As you continue with your CBT training and CBTI strategies, your therapist will also introduce you to other aspects of your sleep hygiene which could be encouraging insomnia.
If you receive a sleep hygiene handout from your therapist, it’s likely to address some of the following things:
Sound A good sleep hygiene worksheet will consider the impact that sounds have on your risk of sleep deprivation. You may discover that the sound of the traffic outside keeps you awake, which means using ear plugs or a white noise machine.
Alternatively, you could be kept awake by your partner’s snoring, which may require extra investigation in its own right.
Light Light is an essential part of sleep hygiene. While getting the right natural light when you wake up can help to strengthen your circadian rhythm and eliminate sleep disruptions, light at night can be problematic.
If the light outside is bothering you, a pair of blackout curtains could be the perfect solution. Alternatively, you could try wearing a sleep mask.
Your therapist might also discover that the time you spend on your smartphone before going to sleep is what’s damaging your sleep quality. The blue light from smartphones mimics natural light and makes it more likely that you’ll stay awake.
Temperature There’s an ideal temperature for falling asleep, and people with poor sleep hygiene might be surprised to learn that it’s cooler than you’d think. You need a cool bedroom to help your body thermoregulate as you snooze.

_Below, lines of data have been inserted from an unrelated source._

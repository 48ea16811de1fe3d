-- ===== src/Interface/Collect/Content.antt =====
-- interface.c: what collect_interfaces collects.
use mathlib.Core.List.{Perm}
use mathlib.Core.List.Perm
use tsn.Base.{
  ℕ, ◌≡◌, refl, ap, ◌∙◌, Bool, true, false, Bool-cases, inl, inr, Option, none, some, List, [], ◌∷◌,
  ◌++◌, append-nil, subst, take, CStr, ◌==◌, if◌then◌else◌,
}
use tsn.Runtime.{
  Env, Trace, Link, if_nameindex, rtnl_link_get_by_name, rtnl_link_get, nl_connect, nl_socket_alloc,
  rtnl_link_alloc_cache, pure,
}
use tsn.Runtime.Containers.{Containers, IsLawful}
use tsn.Runtime.Laws.{Returns, Returns-bind, Returns-mono}
use tsn.Runtime.Records.{sets}
use tsn.Runtime.Maps.{Adds, fold_each-Adds}
use tsn.Runtime.Netlink.{named, is_switch_port}
use tsn.Runtime.Netlink.Laws.{is_filled, with_link_cache_filled}
use tsn.Interface.{Interface}
use tsn.Interface.Speed.{get_interface_speed, speed_bps}
use tsn.Interface.Speed.Laws.{speed_at, get_interface_speed-speed_at}
use tsn.Interface.Collect.{
  Interfaces, loopback, interface_create, get_master_name, make_interface, add_link, collect_round,
  collect_interfaces,
}

-- The cache of links: by name and by number.
pub record Links : Type 0 where
  pub by_name : CStr → Option Link
  pub by_index : ℕ → Option Link

-- The name of a master's link.
abbrev pub name_of : Option Link → Option CStr
name_of none = none
name_of (some link) = some link.name

-- A structure that was made of a link, with the speed that the kernel gave when it was asked.
pub record IsMadeOf (env : Env) (links : Links) (name : CStr) (link : Link) (intf : Interface)
    : Type 0 where
  pub has_name : intf.name ≡ name
  pub has_index : intf.index ≡ link.ifindex
  pub has_hw_addr : intf.hw_addr ≡ take 22 link.addr
  pub has_flags : intf.flags ≡ link.flags
  pub has_kind : intf.kind ≡ link.kind
  pub has_vlan_id : intf.vlan_id ≡ (if link.is_vlan then link.vlan_id else 0)
  pub has_pvid : intf.pvid ≡ (if link.is_bridge then link.bridge_pvid else 0)
  pub has_master :
      intf.master_name ≡ (if link.master == 0 then none else name_of (links.by_index link.master))
  pub has_speed : (asked : Trace) × (intf.speed ≡ speed_bps (speed_at env name asked))

-- A name that is passed over: of no port of the switch, without a link, or of a loopback.
abbrev pub IsPassed : Links → CStr → Type 0
IsPassed links name =
    (link : Option Link) × (links.by_name name ≡ link)
    × (is_switch_port name ≡ true
        → elim link [ none ↦ Unit | some found ↦ found.arptype == loopback ≡ true ])

-- What the entries give: a node for each name of a port that has a link other than a loopback.
pub data Collects (env : Env) (links : Links) : List (ℕ × CStr) → Interfaces → Type 0 where
  end : Collects env links [] []
  pass :
      {index : ℕ} {name : CStr} {next : List (ℕ × CStr)} {out : Interfaces}
      → IsPassed links name
      → Collects env links next out
      → Collects env links ((index, name) ∷ next) out
  collect :
      {index : ℕ} {name : CStr} {next : List (ℕ × CStr)} {out : Interfaces} {intf : Interface}
      → is_switch_port name ≡ true
      → (link : Link) → links.by_name name ≡ some link
      → link.arptype == loopback ≡ false
      → IsMadeOf env links name link intf
      → Collects env links next out
      → Collects env links ((index, name) ∷ next) ((name, intf) ∷ out)

-- The cache gives the same answer however often it is read, and the master of each of its links is
-- in it.
pub record IsCache (env : Env) (links : Links) : Type 0 where
  pub reads_name : (t : Trace) (name : CStr) → env.link_get_by_name t name ≡ links.by_name name
  pub reads_index : (t : Trace) (index : ℕ) → env.link_get t index ≡ links.by_index index
  pub masters :
      (name : CStr) (link : Link)
      → links.by_name name ≡ some link
      → link.master == 0 ≡ false
      → (master : Link) × (links.by_index link.master ≡ some master)

module _ (env : Env) (lib : Containers) (lawful : IsLawful lib) (links : Links)
    (cache : IsCache env links) where
  get_master_name-name_of :
      (name : CStr) (link : Link) (t : Trace)
      → links.by_name name ≡ some link
      → Returns
          (λ r u.
            (r ≡ (if link.master == 0 then none else name_of (links.by_index link.master)))
            × (sets u ≡ sets t))
          (get_master_name env link.master t)
  unfolding get_master_name
  get_master_name-name_of name link t held =
      let master = link.master in
      elim (Bool-cases (master == 0)) [
        | inl e ↦ rw e (refl, refl)
        | inr e ↦
            rw
              (
                e,
                cache.reads_index (rtnl_link_get master ∷ t) master,
                (cache.masters name link held e).1,
              )
              (refl, refl)
      ]

  make_interface-IsMadeOf :
      (name : CStr) (link : Link) (t : Trace)
      → links.by_name name ≡ some link
      → Returns
          (λ intf u. IsMadeOf env links name link intf × (sets u ≡ sets t))
          (make_interface env name link t)
  unfolding make_interface interface_create
  make_interface-IsMadeOf name link t held =
      Returns-bind (λ s u. (s ≡ speed_at env name t) × (sets u ≡ sets t))
        (λ intf u. IsMadeOf env links name link intf × (sets u ≡ sets t))
        (get_interface_speed env name) _ t (get_interface_speed-speed_at env name t)
        λ speed u (told, k).
          Returns-bind
            (λ r v.
              (r ≡ (if link.master == 0 then none else name_of (links.by_index link.master)))
              × (sets v ≡ sets u))
            (λ intf v. IsMadeOf env links name link intf × (sets v ≡ sets t))
            (get_master_name env link.master) _ u (get_master_name-name_of name link u held)
            λ master_name v (e, l). (
              record {
                has_name = refl;
                has_index = refl;
                has_hw_addr = refl;
                has_flags = refl;
                has_kind = refl;
                has_vlan_id = refl;
                has_pvid = refl;
                has_master = e;
                has_speed = (t, ap speed_bps told);
              },
              l ∙ k,
            )

  -- A round that adds nothing.
  passed :
      (index : ℕ) (name : CStr) (s : Interfaces)
      → IsPassed links name
      → Adds (Collects env links) (index, name) s s
  passed index name s p = ([], (λ next out h. Collects.pass p h), Perm.refl s)

  collect_round-Adds :
      (entry : ℕ × CStr) (s : Interfaces) (t : Trace)
      → Returns
          (λ s' u. Adds (Collects env links) entry s s' × (sets u ≡ sets t))
          (collect_round env lib s entry t)
  unfolding collect_round add_link
  collect_round-Adds (index, name) s t = go (is_switch_port name) (links.by_name name) refl refl
    where
      at : Trace
      at = rtnl_link_get_by_name name ∷ t

      go :
          (port : Bool) (found : Option Link)
          → is_switch_port name ≡ port
          → links.by_name name ≡ found
          → Returns
              (λ s' u. Adds (Collects env links) (index, name) s s' × (sets u ≡ sets t))
              (collect_round env lib s (index, name) t)
      go false found e i = rw e (passed index name s (found, i, λ k. absurd (cc (e, k))), refl)
      go true none e i =
          rw (e, cache.reads_name at name ∙ i) (passed index name s (none, i, λ _. tt), refl)
      go true (some link) e i = elim (Bool-cases (link.arptype == loopback)) [
        | inl l ↦
            rw (e, cache.reads_name at name ∙ i, l)
              (passed index name s (some link, i, λ _. l), refl)
        | inr l ↦
            rw (e, cache.reads_name at name ∙ i, l)
              (Returns-bind (λ intf u. IsMadeOf env links name link intf × (sets u ≡ sets at)) _
                (make_interface env name link) _ at (make_interface-IsMadeOf name link at i)
                (λ intf u (made, k). (
                  (
                    (name, intf) ∷ [],
                    (λ next out h. Collects.collect e link i l made h),
                    lawful.shash_add-perm Interface s name intf,
                  ),
                  k,
                )))
      ]

  -- Where the cache of links is filled, gives one link or none for each name and number however
  -- often it is read, and holds the masters of its links, `collect_interfaces` returns, on an empty
  -- map, a map with exactly these nodes, in some order: one under each name of the kernel's
  -- interfaces that holds `eno` or `swp` and has a link other than a loopback, with the fields of
  -- this link and the speed that the kernel gave when it was asked. No item is set.
  pub collect_interfaces-Collects :
      (t : Trace)
      → is_filled env (if_nameindex ∷ t) ≡ true
      → Returns
          (λ r u.
            (made : Interfaces) × Collects env links
              (named (env.if_nameindex (if_nameindex ∷ t)))
              made
            × Perm r made
            × (sets u ≡ sets t))
          (collect_interfaces env lib [] t)
  unfolding collect_interfaces
  collect_interfaces-Collects t filled =
      let entries = named (env.if_nameindex (if_nameindex ∷ t)) in
      with_link_cache_filled env _ _ _ _ (pure tt) (if_nameindex ∷ t) filled (
        Returns-mono
          (λ r u.
            (made : Interfaces) × Collects env links entries made
            × Perm r (made ++ [])
            × (sets u ≡ sets t))
          _ _ (λ r u (made, h, p, e). (made, h, subst (λ l. Perm r l) (append-nil made) p, e))
          (fold_each-Adds (Collects env links) (collect_round env lib) Collects.end
            collect_round-Adds entries []
            (rtnl_link_alloc_cache ∷ nl_connect ∷ nl_socket_alloc ∷ if_nameindex ∷ t)))
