-- ===== src/Interface/Collect/Footprint.antt =====
-- interface.c, collect_interfaces: the calls that it makes.
use tsn.Base.{ℕ, CStr, Bool, true, false, Option, none, some}
use tsn.Runtime.{
  Trace, Env, Call, Link, if_nameindex, rtnl_link_get_by_name, rtnl_link_get, rtnl_link_put,
}
use tsn.Runtime.Containers.{Containers}
use tsn.Runtime.Always.{IsOrder, Always, Steps, always_rules}
use tsn.Runtime.Netlink.Footprint.{is_frame, with_link_cache-Always}
use tsn.Interface.Speed.Footprint.{AsksSpeed}
use tsn.Interface.Collect.{
  Interfaces, get_master_name, make_interface, add_link, collect_round, collect_interfaces,
}

-- The calls of the loop over the links.
abbrev pub collects : Call → Bool
collects if_nameindex = true
collects (rtnl_link_get_by_name name) = true
collects (rtnl_link_get index) = true
collects rtnl_link_put = true
collects _ = false

module _ (env : Env) (lib : Containers) {R : Trace → Trace → Type 0} (order : IsOrder R)
    (frame : Steps R is_frame) (asks : Steps R collects) (speed_of : AsksSpeed env R) where
  get_master_name-Always : (master : ℕ) → Always R (get_master_name env master)
  unfolding get_master_name
  get_master_name-Always master = search (always_rules, asks) depth 12

  make_interface-Always : (name : CStr) (link : Link) → Always R (make_interface env name link)
  unfolding make_interface
  make_interface-Always name link = search (always_rules, speed_of, get_master_name-Always) depth 12

  add_link-Always :
      (interfaces : Interfaces) (name : CStr) (link : Option Link)
      → Always R (add_link env lib interfaces name link)
  unfolding add_link
  add_link-Always interfaces name none = search (always_rules, asks)
  add_link-Always interfaces name (some link) =
      search (always_rules, asks, make_interface-Always) depth 12

  collect_round-Always :
      (interfaces : Interfaces) (entry : ℕ × CStr)
      → Always R (collect_round env lib interfaces entry)
  unfolding collect_round
  collect_round-Always interfaces (index, name) =
      search (always_rules, asks, add_link-Always) depth 12

  pub collect_interfaces-Always :
      (interfaces : Interfaces) → Always R (collect_interfaces env lib interfaces)
  unfolding collect_interfaces
  collect_interfaces-Always interfaces =
      search (always_rules, asks, frame, with_link_cache-Always, collect_round-Always) depth 12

Changing your duvet to something more lightweight during the summer, or switching to a mattress that allows for better temperature management, could be a good option if you overheat.
Associations This component of CBT training for sleep hygiene looks at the “cognition” concept a little more closely. It asks you to think about how you use your bed.
If you’re using it for more than just sex and sleep, then you could be harming the associations that your brain has with your bedroom, making it harder to fall asleep.
Diet The things that you eat and drink before you go to bed can make a massive difference to your sleep hygiene. During CBTI training, your therapist will often encourage you to avoid any stimulants like caffeine and nicotine when you’re close to your bedtime.
It can also be helpful to steer clear of other foods that might disrupt your sleep, such as fried or fatty foods, heavy or rich foods, and spicy dishes too.
Exercise Exercise is vital to encouraging not just a healthy body, but a better sleeping pattern too. As little as just 10 minutes of aerobic exercise throughout the day can help to improve the quality of sleep that you get at night.
Additionally, relaxing exercises like meditation and yoga before you go to bed can help to reduce pain and discomfort, making it easier for you to relax throughout the evening.
Routine What do you do before you go to bed each night? Do you watch exciting television shows that get your adrenaline pumping, or do you relax with a good book?
Could you try a hot bath before bed to help you settle?
When you’re in bed, what do you do? Do you toss and turn, worrying about not getting enough sleep, or do you practice visualization strategies?
Going beyond poor sleep hygiene
A good sleep hygiene handout is only one component of a complete CBTI strategy.
When you begin CBT training with a therapist to overcome your sleep issues, the expert you work with will discuss your needs with you carefully after a full evaluation of your background.
A little sleep hygiene training will help you to get rid of any elements in your current routine that are making it harder for you to get a good night’s sleep.
Once you’ve got the poor sleep hygiene issues out of the way, you can begin to work with your CBTI experts on more advanced strategies for overcoming sleep disorders.